Así ha sido a lo largo de la historia y no tiene por qué ser diferente, aunque el Presidente y su gobierno eleven alabanzas a la fortaleza del pueblo y decidan transitar de la austeridad republicana a la pobreza franciscana. La sentencia ha sido dictada.

Hace unos días fuimos informados de la triste realidad de nuestra pobreza salarial, corresponda o no a las categorías en uso por el Coneval y los estudiosos de la pobreza y sus extremos. Somos una sociedad de ingresos bajos y muy bajos, pero no por ello la desigualdad que nos ha acompañado a lo largo de nuestra evolución se ha podido abatir. Todavía sin poder recuperar del todo el paso al que nos obligó la crisis sanitaria, vuelta económica, estamos ahora en el peor de los mundos posibles, o casi.

Desde ningún mirador esta triste realidad puede ser motivo de celebración. Hasta hace poco muchos pensábamos que reducir en serio, con rigor y con políticas y estrategias integrales esas lacras de nuestro desarrollo extraviado era el objetivo principal de un gobierno que postulaba la necesidad de una cuarta transformación de la vida nacional. De su régimen político y de los mecanismos económicos básicos que gobiernan la distribución del ingreso y en general de los frutos del progreso. Nada de eso ha ocurrido, salvo para quedarse atorado sin cambiar un ápice y debido a ello para empeorar la circunstancia de injusticia y desprotección social que nos ha marcado.

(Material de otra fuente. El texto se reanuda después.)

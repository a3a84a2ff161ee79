-- ===== src/Ext2/Transfer.antt =====
-- `ext2_read`, `ext2_write`, `ext2_update_atime`, `ext2_update_mtime` of src/embext.c. Each loop
-- has fuel for one round a byte.
pub mod Selected
pub mod Direct
pub mod Written
pub mod Since
pub mod Edited
use embext.Base.{
  ℕ, zero, suc, ◌+◌, ◌-◌, ◌%◌, Bool, false, not, List, [], ◌++◌, min, bit_and, bit_or,
}
use embext.Base.{ltb, leb, ◌==◌, if◌then◌else◌, slice, ℤ, pos, to_int, minus_one, negsuc}
use embext.Driver.{BlockDriver}
use embext.Ext2.Monad.{M, pure, ◌>>=◌, ◌>>◌, get, defined, set_file, set_errno, on_reply, undefined}
use embext.Ext2.State.{Context, FileEnt, Fs}
use embext.Ext2.State.{ext2_block_size, ext2_flag_write, ext2_flag_append, ext2_flag_fs_dirty}
use embext.Ext2.State.{u32, ebadf, eio}
use embext.Ext2.Buffer.{ext2_read_buffer, ext2_write_buffer, ext2_buffer_space}
use embext.Ext2.BlockMap.{ext2_select_buffer}
use embext.Ext2.Seek.{Pointer, is_open, ext2_lseek, seek_end}

-- What `ext2_read` returns, and what it has stored behind `buffer`.
pub record ReadResult : Type 0 where
  pub returned : ℤ
  pub bytes : List ℕ

abbrev pub fs_dirty : FileEnt → FileEnt
fs_dirty fe = record fe { flags = bit_or fe.flags ext2_flag_fs_dirty }

module _ {Device : Type 0} where
  unfoldable pub ext2_update_atime : M (Fs Device) (Unit {0})
  ext2_update_atime = do
    s ← get
    set_file (λ fe. fs_dirty (record fe { inode = record fe.inode { i_atime = u32 s.now } }))

  unfoldable pub ext2_update_mtime : M (Fs Device) (Unit {0})
  ext2_update_mtime = do
    s ← get
    set_file (λ fe. fs_dirty (record fe { inode = record fe.inode { i_mtime = u32 s.now } }))

-- `amount_to_copy` of a read: the rest wanted, the room in the buffer, the rest of the file.
abbrev pub read_amount : Context → FileEnt → ℕ → ℕ → ℕ
read_amount context fe count i =
    min (min (count - i) (ext2_buffer_space context fe)) (fe.inode.i_size - fe.cursor)

abbrev pub write_amount : Context → FileEnt → ℕ → ℕ → ℕ
write_amount context fe count i = min (count - i) (ext2_buffer_space context fe)

-- The cursor and the size behind the bytes written.
abbrev pub grow : ℕ → FileEnt → FileEnt
grow amount fe =
    if ltb fe.inode.i_size (fe.cursor + amount)
    then fs_dirty (record fe {
      cursor = fe.cursor + amount;
      inode = record fe.inode { i_size = u32 (fe.cursor + amount) };
    })
    else record fe { cursor = fe.cursor + amount }

abbrev pub is_minus_one : ℤ → Bool
is_minus_one (pos n) = false
is_minus_one (negsuc n) = n == 0

-- `*rerrno = EBADF; return -1;`
abbrev pub failure : {Device : Type 0} → M (Fs Device) ℤ
failure = do set_errno ebadf; pure minus_one

module _ ⦃drv : BlockDriver⦄ where
  -- Behind the loop of a read.
  unfoldable pub read_done : ℕ → List ℕ → M (Fs drv.Device) ReadResult
  unfolding ext2_update_atime
  read_done i bt = do
    if ltb 0 i then ext2_update_atime else pure tt
    pure (record { returned = to_int i; bytes = bt })

  -- `*rerrno = EIO; return -1;`
  abbrev pub read_failed : List ℕ → M (Fs drv.Device) ReadResult
  read_failed bt = do set_errno eio; pure (record { returned = minus_one; bytes = bt })

  -- One round per call; `failed` is the return of -1. The bytes `bt[0..i)` are carried along, also
  -- past a failure.
  unfoldable pub read_loop : ℕ → ℕ → ℕ → List ℕ → M (Fs drv.Device) ReadResult
  read_loop zero count i bt = undefined
  read_loop (suc fuel) count i bt = do
    s ← get
    if not (ltb i count)
        then read_done i bt
        else if leb s.file.inode.i_size s.file.cursor
        then read_done i bt
        else do
          selected ← ext2_select_buffer
          on_reply selected (read_failed bt) λ _. do
            s ← get
            let context = s.volume.context
            let amount = read_amount context s.file count i
            bytes ← ext2_read_buffer (s.file.cursor % ext2_block_size context) amount
            set_file (λ fe. record fe { cursor = fe.cursor + amount })
            read_loop fuel count (u32 (i + amount)) (bt ++ bytes)

  unfoldable pub ext2_read : Pointer → ℕ → M (Fs drv.Device) ReadResult
  ext2_read vfe count = do
    s ← get
    if is_open vfe s.file
        then read_loop (count + 1) count 0 []
        else (do set_errno ebadf; pure (record { returned = minus_one; bytes = [] }))

  -- One round of a write, from byte `i` of `bt`.
  unfoldable pub write_loop : ℕ → List ℕ → ℕ → ℕ → M (Fs drv.Device) ℤ
  unfolding ext2_update_mtime
  write_loop zero bt count i = undefined
  write_loop (suc fuel) bt count i =
      if not (ltb i count)
      then (do if ltb 0 i then ext2_update_mtime else pure tt; pure (to_int i))
      else (do
        selected ← ext2_select_buffer
        on_reply selected (do set_errno eio; pure minus_one)
            λ _. do
              s ← get
              let context = s.volume.context
              let amount = write_amount context s.file count i
              source ← defined (slice bt i amount)
              ext2_write_buffer source (s.file.cursor % ext2_block_size context)
              set_file (grow amount)
              write_loop fuel bt count (u32 (i + amount)))

  unfoldable pub ext2_write : Pointer → List ℕ → ℕ → M (Fs drv.Device) ℤ
  ext2_write vfe bt count = do
    s ← get
    if not (is_open vfe s.file)
        then failure
        else if bit_and s.file.flags ext2_flag_write == 0
        then failure
        else if bit_and s.file.flags ext2_flag_append == 0
        then write_loop (count + 1) bt count 0
        else do
          end ← ext2_lseek vfe (pos 0) seek_end
          if is_minus_one end then pure minus_one else write_loop (count + 1) bt count 0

Sin ser una excepción, la desastrosa cuestión social de nuestro país no se corresponde con el tamaño de la economía, mucho menos puede justificarse aludiendo a requerimientos primarios de acumulación de capital. La combinación de altas y medias tecnologías con pobreza y desprotección salarial sólo habla de debilidades políticas del Estado, de las organizaciones gremiales y de una opinión pública un tanto omisa, aunque la viva cotidianamente.

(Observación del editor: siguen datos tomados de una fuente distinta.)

-- ===== src/Ext2/Close.antt =====
-- `ext2_flush_inode` and `ext2_close` of src/embext.c; `free` and the debugging print are left out.
pub mod Closed
pub mod Flush
pub mod Inode
pub mod Persisted
use embext.Base.{◌+◌, ◌-◌, ◌*◌, ◌%◌, ◌^◌, bit_and, ◌==◌, if◌then◌else◌, ℤ, pos, minus_one}
use embext.Driver.{Reply, ok, BlockDriver}
use embext.Fault.{checked_div, checked_mod}
use embext.Ext2.Layout.{inode_bytes}
use embext.Ext2.Monad.{
  M, pure, ◌>>=◌, ◌>>◌, get, defined, written, on_volume, set_file, set_errno, on_reply,
}
use embext.Ext2.State.{FileEnt, Fs}
use embext.Ext2.State.{ext2_block_size, ext2_flag_fs_dirty, u32, ebadf}
use embext.Ext2.Group.{ext2_get_bg_descriptor}
use embext.Ext2.Buffer.{ext2_store_buffer, ext2_load_buffer, ext2_write_buffer}
use embext.Ext2.Seek.{Pointer, is_open}

-- `fe->flags &= ~EXT2_FLAG_FS_DIRTY`
abbrev pub clear_fs_dirty : FileEnt → FileEnt
clear_fs_dirty fe = record fe { flags = bit_and fe.flags (2 ^ 32 - 1 - ext2_flag_fs_dirty) }

-- `*rerrno = fe->rerrno; return -1;`
abbrev pub store_failed : {Device : Type 0} → FileEnt → M (Fs Device) ℤ
store_failed fe = do set_errno fe.rerrno; pure minus_one

module _ ⦃drv : BlockDriver⦄ where
  -- The source gives its inode writes no result but 0.
  unfoldable pub ext2_flush_inode : M (Fs drv.Device) (Reply (Unit {0}))
  ext2_flush_inode = do
    s ← get
    let sb = s.volume.context.superblock
    let index = u32 (s.file.inode_number + 2 ^ 32 - 1)
    block_group ← defined (checked_div index sb.s_inodes_per_group)
    inode_index ← defined (checked_mod index sb.s_inodes_per_group)
    if bit_and s.file.flags ext2_flag_fs_dirty == 0 then pure (ok tt) else do
      reply ← on_volume (ext2_get_bg_descriptor block_group)
      bg ← written reply
      let block_size = ext2_block_size s.volume.context
      per_block ← defined (checked_div block_size sb.s_inode_size)
      block_in_table ← defined (checked_div inode_index per_block)
      _ ←
          ext2_load_buffer (u32 (bg.bg_inode_table + block_in_table))
            (u32 (inode_index * sb.s_inode_size) % block_size)
      ext2_write_buffer (inode_bytes s.file.inode) (u32 (inode_index * sb.s_inode_size))
      _ ← ext2_store_buffer
      set_file clear_fs_dirty
      pure (ok tt)

  -- Behind the flush of the buffer. The file is closed by its magic number.
  unfoldable pub close_flushed : M (Fs drv.Device) ℤ
  close_flushed = do
    s ← get
    flushed ←
        (if bit_and s.file.flags ext2_flag_fs_dirty == 0 then pure (ok tt) else ext2_flush_inode)
    s ← get
    on_reply flushed (store_failed s.file)
        λ _. do set_file (λ fe. record fe { magic = 0 }); pure (pos 0)

  unfoldable pub ext2_close : Pointer → M (Fs drv.Device) ℤ
  unfolding close_flushed
  ext2_close vfe = do
    s ← get
    if is_open vfe s.file
        then (do
          stored ← (if s.file.buffer.dirty == 0 then pure (ok tt) else ext2_store_buffer)
          s ← get
          on_reply stored (store_failed s.file) λ _. close_flushed)
        else (do set_errno ebadf; pure minus_one)
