-- ===== src/Sync.antt =====
-- apps/api/src/sync: the circuit breaker, the choice of a provider, the rows of sync runs, and the
-- price sweep over the catalog.
pub mod Breaker
pub mod Runs
pub mod Providers
pub mod Sweep
pub mod Process
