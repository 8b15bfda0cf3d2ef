-- ===== src/Session/Noretry.antt =====
-- What event_remove_noretry_event_container (event.c) keeps of a failed session.
use icwmp.Prelude.{
  Option, some, ◌+◌, Bool, ◌||◌, List, [], ◌∷◌, ◌≡◌, refl, ap, if_elim, ◌⊎◌, inl, inr, Bool-cases,
  if◌then◌else◌, arith, ==_iff, ◌==◌,
}
use icwmp.Event.{EventIdx, EventContainer, idx, idx_injective, is_noretry}
use icwmp.Session.{Session, Cwmp}
use icwmp.Session.Retry.{reads_six, remove_noretry, event_remove_noretry_event_container}
use icwmp.Session.Lossless.{count, one}

-- Events of different kinds have different codes.
one_noretry : (a b : EventIdx) → (is_noretry a ≡ is_noretry b) ⊎ (one a b ≡ 0)
one_noretry a b = elim (Bool-cases (idx a == idx b)) [
  | inl e ↦ inl (ap is_noretry (idx_injective a b ((==_iff (idx a) (idx b)).0 e)))
  | inr e ↦ inr (rw (e, one) refl)
]

remove_noretry-count :
    (stale : EventIdx → Option EventIdx) (es : List EventContainer) (cr : Bool) (code : EventIdx)
    → count code (remove_noretry stale es cr).0 ≡ (if is_noretry code then 0 else count code es)
unfolding remove_noretry count
remove_noretry-count stale [] cr code = ground arith
remove_noretry-count stale (e ∷ es) cr code =
    let kind = one_noretry e.code code in
    let rest =
      remove_noretry stale es
        (cr || reads_six (if is_noretry e.code then stale e.code else some e.code)) in
    let kept : count code rest.0 ≡ (if is_noretry code then 0 else count code es) =
      remove_noretry-count stale es _ code in
    if_elim
      (λ (r : List EventContainer × Bool).
        count code r.0 ≡ (if is_noretry code then 0 else one e.code code + count code es))
      (is_noretry e.code) rest (e ∷ rest.0, rest.1) (λ h. ground arith) (λ h. ground arith)

-- Whatever the read after free gives, event_remove_noretry_event_container leaves the session as
-- many events of each code that may be tried again as it had, and none of a code that may not.
pub remove_noretry_lem :
    (stale : EventIdx → Option EventIdx) (c : Cwmp) (s : Session) (code : EventIdx)
    → count code (event_remove_noretry_event_container stale c s).1.head_event_container
      ≡ (if is_noretry code then 0 else count code s.head_event_container)
unfolding event_remove_noretry_event_container
remove_noretry_lem stale c s code =
    remove_noretry-count stale s.head_event_container c.cwmp_cr_event code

Es difícil saber si esta circunstancia derivará en una crisis social y política, pero es necesario seguir insistiendo en que esa perspectiva no es un invento de cabezas calientes y arcanas, y que al no asumirla, la política democrática produce y reproduce pequeñas y grandes fallas que merman legitimidad al sistema político democrático apenas estrenado. El tamaño y la edad media de nuestra comunidad permiten imaginar una sociedad madura, pero los datos y cifras que la retratan nos dicen lo contrario. Y esto representa un serio desafío político y de comunicación social para todos quienes buscan dirigir o modular los rumbos del Estado.

No hay democracia sin inclusión social y generación de valores de igualdad que van más allá del verbo democrático primario referido al valor de las urnas y las elecciones; tampoco sin valorar la importancia de aquel principio de simpatía del que Adam Smith hablaba, que permite que los otros dejen de sernos ajenos, principio que actúa como cemento que cohesiona a una sociedad.

En todo caso, no se vale faltarle el respeto amenazándola olímpica y festivamente con nuevos recortes al gasto público. Del que dependen en mucho las sobrevivencias de millones.